Assuming that it was done in all innocence, rather than as a parody on the Western celebration of Christmas, what had happened? How could they make such a mess of things?
Of course the true message of Christmas has been lost here, too.
The odds are that if you listen to a sermon over the Christmas period, or if the conversation drifts dangerously into religion, someone will claim that it has all become very tawdry, just an excuse for excess of one kind or another. And it's quite disgraceful, because it is all about the birth of Jesus, after all. The true message of Christmas is clearly to do with events in and around Bethlehem, and then translated into "Peace on earth and goodwill to all men", and women.
On the other hand the crucifixion might have something to do with Christmas, because the child in the crib is, after all, the same person as the one depicted - often only yards away from a crib in church - on the cross. But the two should not be confused. After all, Easter is months away.
And then, how does dear old, jolly and benevolent Santa Claus get mixed up with religion and the crucifixion? Again, surely the two are miles apart. You do not bring the children along to meet Santa and expect them to get preached at. You do not complainbecause Santa only asks them what they want rather than trying to fill their heads with religious nonsense.
For a certain section of the population, the Christmas message is given with inescapable certainty towards the end of the school term. That group is the younger parent group, those with children in primary schools within the broad Christian tradition. One of the easiest dramas to produce in school (presumably), and in front of the most receptive audience, is the nativity play.
The nativity play is a fairly straightforward, nice story, has quite a large and varied cast, and allows for some exotic costumes. In less than half an hour (unless ambition has clouded judgement) you can run through the whole of the Christmas season, from 25 December to 6 January, while still technically celebrating Advent. It is not the whole story, of course, because the less savoury bit (the slaughter of the Innocents) has to be missed out; it would spoil things.
I said the Christmas message, and should have said the Christmas story.
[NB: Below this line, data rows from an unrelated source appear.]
-- ===== src/Worker/Deliver.antt =====
-- `deliver`: one POST, and its repetition by tenacity.
use observability_lab.Prelude.{
  ℕ, suc, String, ◌≡◌, Option, Bool, true, false, List, ◌∷◌, length, leb, if◌then◌else◌,
}
use observability_lab.Broker.{Ack}

-- What becomes of `client.post`.
pub data Answer : Type 0 where
  -- it raises an `httpx.TransportError`
  unreachable : Answer
  -- it raises anything else
  garbled : Answer
  -- a response with this status code
  answered : ℕ → Answer

pub data Exception : Type 0 where
  transient_delivery_error : Exception
  -- `httpx.HTTPStatusError`
  http_status_error : Exception
  other_exception : Exception

pub data Ended : Type 0 where
  returned : Ended
  raised : Exception → Ended

-- `ConsumerRecord`
pub record Message : Type 0 where
  pub key : Option String
  pub value : String

module _ (Json : Type 0) where
  pub record State : Type 0 where
    -- the POSTs so far, with what became of them, the newest first
    pub requests : List (Json × Answer)
    -- the dead-letter topic, keys and values, the newest first
    pub dead_letters : List (Option String × String)
    pub sends : ℕ
    -- the messages that the consumer has handed out, the newest first
    pub consumed : List Message
    -- those of them that were handed out when `consumer.commit` succeeded last
    pub committed : List Message
    pub commits : ℕ
    -- `deliveries_total`: the label of each increment, the newest first
    pub counts : List String

  abbrev pub Outcome : Type 0
  Outcome = Ended × State

  -- One attempt and, if its exception passes the test, what follows.
  abbrev pub again : (Exception → Bool) → (State → Outcome) → Outcome → Outcome
  again test rest (returned, k) = (returned, k)
  again test rest (raised e, k) = if test e then rest k else (raised e, k)

  -- The packages and the services that the process calls. The laws of `retry` are what tenacity's
  -- documentation says of `retry(retry=…, stop=stop_after_attempt(n), reraise=True)`.
  pub record World : Type 0 where
    -- `orjson.loads`; none if it raises, or gives no dictionary
    pub loads : String → Option Json
    -- the n-th POST
    pub post : ℕ → Json → Answer
    -- whether `raise_for_status` raises for a status code
    pub is_error : ℕ → Bool
    -- the n-th `producer.send_and_wait`
    pub send : ℕ → Ack
    -- whether the n-th `consumer.commit` succeeds
    pub commit : ℕ → Bool
    pub retry : (Exception → Bool) → ℕ → (State → Outcome) → State → Outcome
    pub retry_once :
        (test : Exception → Bool) (m : State → Outcome) (k : State) → retry test 1 m k ≡ m k
    pub retry_again :
        (test : Exception → Bool) (n : ℕ) (m : State → Outcome) (k : State)
        → retry test (suc (suc n)) m k ≡ again test (retry test (suc n) m) (m k)

-- `retry_if_exception_type(TransientDeliveryError)`
abbrev pub is_transient : Exception → Bool
is_transient transient_delivery_error = true
is_transient http_status_error = false
is_transient other_exception = false

module _ {Json : Type 0} (w : World Json) where
  abbrev pub judge : Answer → Ended
  judge unreachable = raised transient_delivery_error
  judge garbled = raised other_exception
  judge (answered c) =
      if leb 500 c
      then raised transient_delivery_error
      else if w.is_error c
      then raised http_status_error
      else returned

  -- the body of `deliver`
  abbrev pub attempt : Json → State Json → Outcome Json
  attempt payload k =
      let answer = w.post (length k.requests) payload in
      (judge answer, record k { requests = (payload, answer) ∷ k.requests })

  unfoldable pub deliver : Json → State Json → Outcome Json
  deliver payload k = w.retry is_transient 5 (attempt payload) k
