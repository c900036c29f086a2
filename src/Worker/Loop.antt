-- ===== src/Worker/Loop.antt =====
-- The loop of `main`: deliver, or route to the dead-letter topic, then commit.
use observability_lab.Prelude.{suc, String, Option, none, some, List, [], ◌∷◌, if◌then◌else◌}
use observability_lab.Broker.{Ack, acked, ack_lost, unsent}
use observability_lab.Worker.Deliver.{
  transient_delivery_error, http_status_error, other_exception, returned, raised, Message, State,
  Outcome, World, deliver,
}

module _ {Json : Type 0} (w : World Json) where
  -- `deliveries_total.labels(outcome=…).inc()`
  abbrev pub count : String → State Json → State Json
  count outcome k = record k { counts = outcome ∷ k.counts }

  -- `consumer.commit()`, of all that the consumer has handed out
  abbrev pub commit : State Json → Outcome Json
  commit k =
      if w.commit k.commits
      then (returned, record k { committed = k.consumed; commits = suc k.commits })
      else (raised other_exception, record k { commits = suc k.commits })

  abbrev pub append : Message → State Json → State Json
  append m k = record k { dead_letters = (m.key, m.value) ∷ k.dead_letters }

  abbrev pub sent : Ack → Message → State Json → Outcome Json
  sent acked m k = commit (count "dlq" (append m k))
  sent ack_lost m k = (raised other_exception, append m k)
  sent unsent m k = (raised other_exception, k)

  abbrev pub to_dlq : Message → State Json → Outcome Json
  to_dlq m k = sent (w.send k.sends) m (record k { sends = suc k.sends })

  -- the try statement around `deliver`, and the commit
  abbrev pub conclude : Message → Outcome Json → Outcome Json
  conclude m (returned, k) = commit (count "success" k)
  conclude m (raised transient_delivery_error, k) = to_dlq m k
  conclude m (raised http_status_error, k) = to_dlq m k
  conclude m (raised other_exception, k) = (raised other_exception, k)

  abbrev pub handle_loaded : Message → Option Json → State Json → Outcome Json
  handle_loaded m none k = (raised other_exception, k)
  handle_loaded m (some payload) k = conclude m (deliver w payload k)

  -- one turn of the loop
  unfoldable pub handle_message : Message → State Json → Outcome Json
  handle_message m k = handle_loaded m (w.loads m.value) (record k { consumed = m ∷ k.consumed })

  -- the next turn, unless an exception ended the loop
  abbrev pub next : (State Json → Outcome Json) → Outcome Json → Outcome Json
  next rest (returned, k) = rest k
  next rest (raised e, k) = (raised e, k)

  -- `async for msg in consumer`, over the messages that it hands out
  unfoldable pub main_loop : List Message → State Json → Outcome Json
  main_loop [] k = (returned, k)
  main_loop (m ∷ ms) k = next (main_loop ms) (handle_message m k)
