-- ===== src/Worker/Settled.antt =====
-- What becomes of the messages behind the committed offsets of the worker.
use observability_lab.Prelude.{
  ℕ, zero, suc, String, arith, ◌∙◌, ◌≡◌, refl, sym, Option, none, some, Bool, false, Bool-cases,
  List, [], ◌∷◌, length, leb, All, Any, All-map, inl, inr, ◌⊎◌,
}
use mathlib.Core.Path.{subst}
use observability_lab.Broker.{Ack, acked, ack_lost, unsent}
use observability_lab.Worker.Deliver.{
  Answer, unreachable, garbled, answered, Exception, transient_delivery_error, http_status_error,
  other_exception, returned, raised, Message, State, Outcome, World, again, is_transient, judge,
  attempt, deliver,
}
use observability_lab.Worker.Loop.{
  count, commit, append, sent, conclude, handle_loaded, handle_message, main_loop, next,
}

module _ {Json : Type 0} (w : World Json) where
  -- A response that is neither a failure of the server nor an error.
  abbrev pub IsAccepted : Json → Json × Answer → Type 0
  IsAccepted payload (j, unreachable) = ⊥
  IsAccepted payload (j, garbled) = ⊥
  IsAccepted payload (j, answered c) = (j ≡ payload) × (leb 500 c ≡ false) × (w.is_error c ≡ false)

  abbrev pub IsDelivered : State Json → Message → Type 0
  IsDelivered k m =
      (payload : Json) × (w.loads m.value ≡ some payload) × Any (IsAccepted payload) k.requests

  abbrev pub IsDeadLetter : State Json → Message → Type 0
  IsDeadLetter k m = Any (λ e. e ≡ (m.key, m.value)) k.dead_letters

  abbrev pub IsSettled : State Json → Message → Type 0
  IsSettled k m = IsDelivered k m ⊎ IsDeadLetter k m

  -- Everything behind the committed offsets is settled.
  abbrev pub IsSafe : State Json → Type 0
  IsSafe k = All (IsSettled k) k.committed

  -- So is everything handed out.
  abbrev pub IsDone : State Json → Type 0
  IsDone k = All (IsSettled k) k.consumed × IsSafe k

  -- What a delivery, or one attempt of it, owes: the requests grow, the rest of the state stays,
  -- and it returns only after a request for the payload was accepted.
  pub record Delivers (payload : Json) (k : State Json) (o : Outcome Json) : Type 0 where
    pub consumed : o.1.consumed ≡ k.consumed
    pub committed : o.1.committed ≡ k.committed
    pub dead_letters : o.1.dead_letters ≡ k.dead_letters
    pub grows : (j : Json) → Any (IsAccepted j) k.requests → Any (IsAccepted j) o.1.requests
    pub accepted : o.0 ≡ returned → Any (IsAccepted payload) o.1.requests

  judged : (payload : Json) (a : Answer) → judge w a ≡ returned → IsAccepted payload (payload, a)
  judged payload unreachable h = ground arith
  judged payload garbled h = ground arith
  judged payload (answered c) h = ground arith

  attempt-Delivers : (payload : Json) (k : State Json) → Delivers payload k (attempt w payload k)
  attempt-Delivers payload k = record {
    consumed = refl;
    committed = refl;
    dead_letters = refl;
    grows = λ j h. inr h;
    accepted = λ h. inl (judged payload (w.post (length k.requests) payload) h);
  }

  again-Delivers :
      (payload : Json) (test : Exception → Bool) (rest : State Json → Outcome Json) (k : State Json)
      (o : Outcome Json)
      → Delivers payload k o
      → ((l : State Json) → Delivers payload l (rest l))
      → Delivers payload k (again Json test rest o)
  again-Delivers payload test rest k (returned, l) d r = d
  again-Delivers payload test rest k (raised e, l) d r = elim (Bool-cases (test e)) [
    | inl t ↦ rw t (record {
      consumed = (r l).consumed ∙ d.consumed;
      committed = (r l).committed ∙ d.committed;
      dead_letters = (r l).dead_letters ∙ d.dead_letters;
      grows = λ j h. (r l).grows j (d.grows j h);
      accepted = (r l).accepted;
    })
    | inr f ↦ rw f d
  ]

  retry-Delivers :
      (payload : Json) (test : Exception → Bool) (n : ℕ) (k : State Json)
      → Delivers payload k (w.retry test (suc n) (attempt w payload) k)
  retry-Delivers payload test zero k =
      rw (w.retry_once test (attempt w payload) k) (attempt-Delivers payload k)
  retry-Delivers payload test (suc n) k = rw (w.retry_again test n (attempt w payload) k) (
      again-Delivers payload test (w.retry test (suc n) (attempt w payload)) k (attempt w payload k)
        (attempt-Delivers payload k) (retry-Delivers payload test n))

  pub deliver-Delivers :
      (payload : Json) (k : State Json) → Delivers payload k (deliver w payload k)
  unfolding deliver
  deliver-Delivers payload k = retry-Delivers payload is_transient 4 k

  settled_grows :
      (payload : Json) (k : State Json) (o : Outcome Json) (m : Message)
      → Delivers payload k o
      → IsSettled k m
      → IsSettled o.1 m
  settled_grows payload k o m d (inl (j, e, h)) = inl (j, e, d.grows j h)
  settled_grows payload k o m d (inr h) =
      inr (subst (λ l. Any (λ e. e ≡ (m.key, m.value)) l) (sym d.dead_letters) h)

  -- One message is in hand; the others that were handed out are settled.
  record Holds (m : Message) (k : State Json) : Type 0 where
    earlier : List Message
    consumed : k.consumed ≡ m ∷ earlier
    settled : All (IsSettled k) earlier
    safe : IsSafe k

  abbrev After : Outcome Json → Type 0
  After (returned, k) = IsDone k
  After (raised e, k) = IsSafe k

  delivered-Holds :
      (payload : Json) (m : Message) (k : State Json) (o : Outcome Json)
      → Delivers payload k o
      → Holds m k
      → Holds m o.1
  delivered-Holds payload m k o d h = record {
    earlier = h.earlier;
    consumed = d.consumed ∙ h.consumed;
    settled =
        All-map (IsSettled k) (IsSettled o.1) h.earlier (λ x. settled_grows payload k o x d)
          h.settled;
    safe =
        subst (λ l. All (IsSettled o.1) l) (sym d.committed)
          (All-map (IsSettled k) (IsSettled o.1) k.committed (λ x. settled_grows payload k o x d)
            h.safe);
  }

  append-Holds : (m : Message) (k : State Json) → Holds m k → Holds m (append w m k)
  append-Holds m k h = record {
    earlier = h.earlier;
    consumed = h.consumed;
    settled = All-map (IsSettled k) (IsSettled (append w m k)) h.earlier (grown m k) h.settled;
    safe = All-map (IsSettled k) (IsSettled (append w m k)) k.committed (grown m k) h.safe;
  }
    where
      grown :
          (m : Message) (k : State Json) (x : Message) → IsSettled k x → IsSettled (append w m k) x
      grown m k x (inl d) = inl d
      grown m k x (inr d) = inr (inr d)

  -- Counters are not part of it.
  counted-Holds :
      (m : Message) (k : State Json) (n : ℕ) (c : List String)
      → Holds m k
      → Holds m (record k { sends = n; counts = c })
  counted-Holds m k n c h = record {
    earlier = h.earlier;
    consumed = h.consumed;
    settled = h.settled;
    safe = h.safe;
  }

  commit-After : (m : Message) (k : State Json) → Holds m k → IsSettled k m → After (commit w k)
  commit-After m k h t =
      let all : All (IsSettled k) k.consumed =
        subst (λ l. All (IsSettled k) l) (sym h.consumed) (t, h.settled) in
      elim (Bool-cases (w.commit k.commits)) [ inl e ↦ rw e (all, all) | inr e ↦ rw e h.safe ]

  sent-After : (a : Ack) (m : Message) (k : State Json) → Holds m k → After (sent w a m k)
  sent-After acked m k h =
      commit-After m (count w "dlq" (append w m k))
        (counted-Holds m (append w m k) k.sends ("dlq" ∷ k.counts) (append-Holds m k h))
        (inr (inl refl))
  sent-After ack_lost m k h = (append-Holds m k h).safe
  sent-After unsent m k h = h.safe

  conclude-After :
      (payload : Json) (m : Message) (k : State Json) (o : Outcome Json)
      → w.loads m.value ≡ some payload
      → Delivers payload k o
      → Holds m o.1
      → After (conclude w m o)
  conclude-After payload m k (returned, l) e d h =
      commit-After m (count w "success" l) (counted-Holds m l l.sends ("success" ∷ l.counts) h)
        (inl (payload, e, d.accepted refl))
  conclude-After payload m k (raised transient_delivery_error, l) e d h =
      sent-After (w.send l.sends) m (record l { sends = suc l.sends })
        (counted-Holds m l (suc l.sends) l.counts h)
  conclude-After payload m k (raised http_status_error, l) e d h =
      sent-After (w.send l.sends) m (record l { sends = suc l.sends })
        (counted-Holds m l (suc l.sends) l.counts h)
  conclude-After payload m k (raised other_exception, l) e d h = h.safe

  handle_loaded-After :
      (m : Message) (r : Option Json) (k : State Json)
      → w.loads m.value ≡ r
      → Holds m k
      → After (handle_loaded w m r k)
  handle_loaded-After m none k e h = h.safe
  handle_loaded-After m (some payload) k e h =
      let d : Delivers payload k (deliver w payload k) = deliver-Delivers payload k in
      conclude-After payload m k (deliver w payload k) e d
        (delivered-Holds payload m k (deliver w payload k) d h)

  handle_message-After : (m : Message) (k : State Json) → IsDone k → After (handle_message w m k)
  unfolding handle_message
  handle_message-After m k h =
      handle_loaded-After m (w.loads m.value) (record k { consumed = m ∷ k.consumed }) refl
        (record { earlier = k.consumed; consumed = refl; settled = h.0; safe = h.1 })

  next-IsSafe :
      (rest : State Json → Outcome Json) (o : Outcome Json)
      → ((k : State Json) → IsDone k → IsSafe (rest k).1)
      → After o
      → IsSafe (next w rest o).1
  next-IsSafe rest (returned, k) r h = r k h
  next-IsSafe rest (raised e, k) r h = h

  -- Wherever the loop ends, by an exception or because no message is left, every message behind the
  -- committed offsets is settled, if all those handed out before were: the ERP accepted its payload,
  -- or it is in the dead-letter topic.
  pub committed-IsSettled :
      (ms : List Message) (k : State Json) → IsDone k → IsSafe (main_loop w ms k).1
  unfolding main_loop
  committed-IsSettled [] k h = h.1
  committed-IsSettled (m ∷ ms) k h =
      next-IsSafe (main_loop w ms) (handle_message w m k) (committed-IsSettled ms)
        (handle_message-After m k h)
The actual message probably has something to do with peace on earth and it being the season of goodwill. But it is not said very clearly. The angels might get the chance to proclaim it in the nativity play. The Infant Jesus is clearly in no position to do it, and the three wise men diplomatically buy presents rather than make any sort of statement.
So who proclaims the Christmas message, and what is it? Jesus is at the heart of the whole celebration, but somehow is carefully dissociated from the figure on the cross, because all that is just too awful to think about at Christmas.
Who can blame the Japanese, for doing no more than gathering all this together into one image, and then associating that with the rest of the Christmas business?
What I would suggest is that Christmas is not the best time to try and get to (never mind understand) the Christmas message. It is far too busy and there is too much going on. And it is all too complicated, what with the baby Jesus, the three wise men, angels and shepherds, Santa Claus, Father Christmas and then the dread of being given a present by someone who is not on your list.
Leave it until after the business is all over and the season of goodwill is officially closed for another year. If the message of Christmas is to do with religion then it cannot ignore the figure on the cross and even the children slaughtered by the awful King Herod: the message just might include the word "suffering" in it.
I would also suggest that, if he has any sense, Father Christmas might give Japan a wide berth.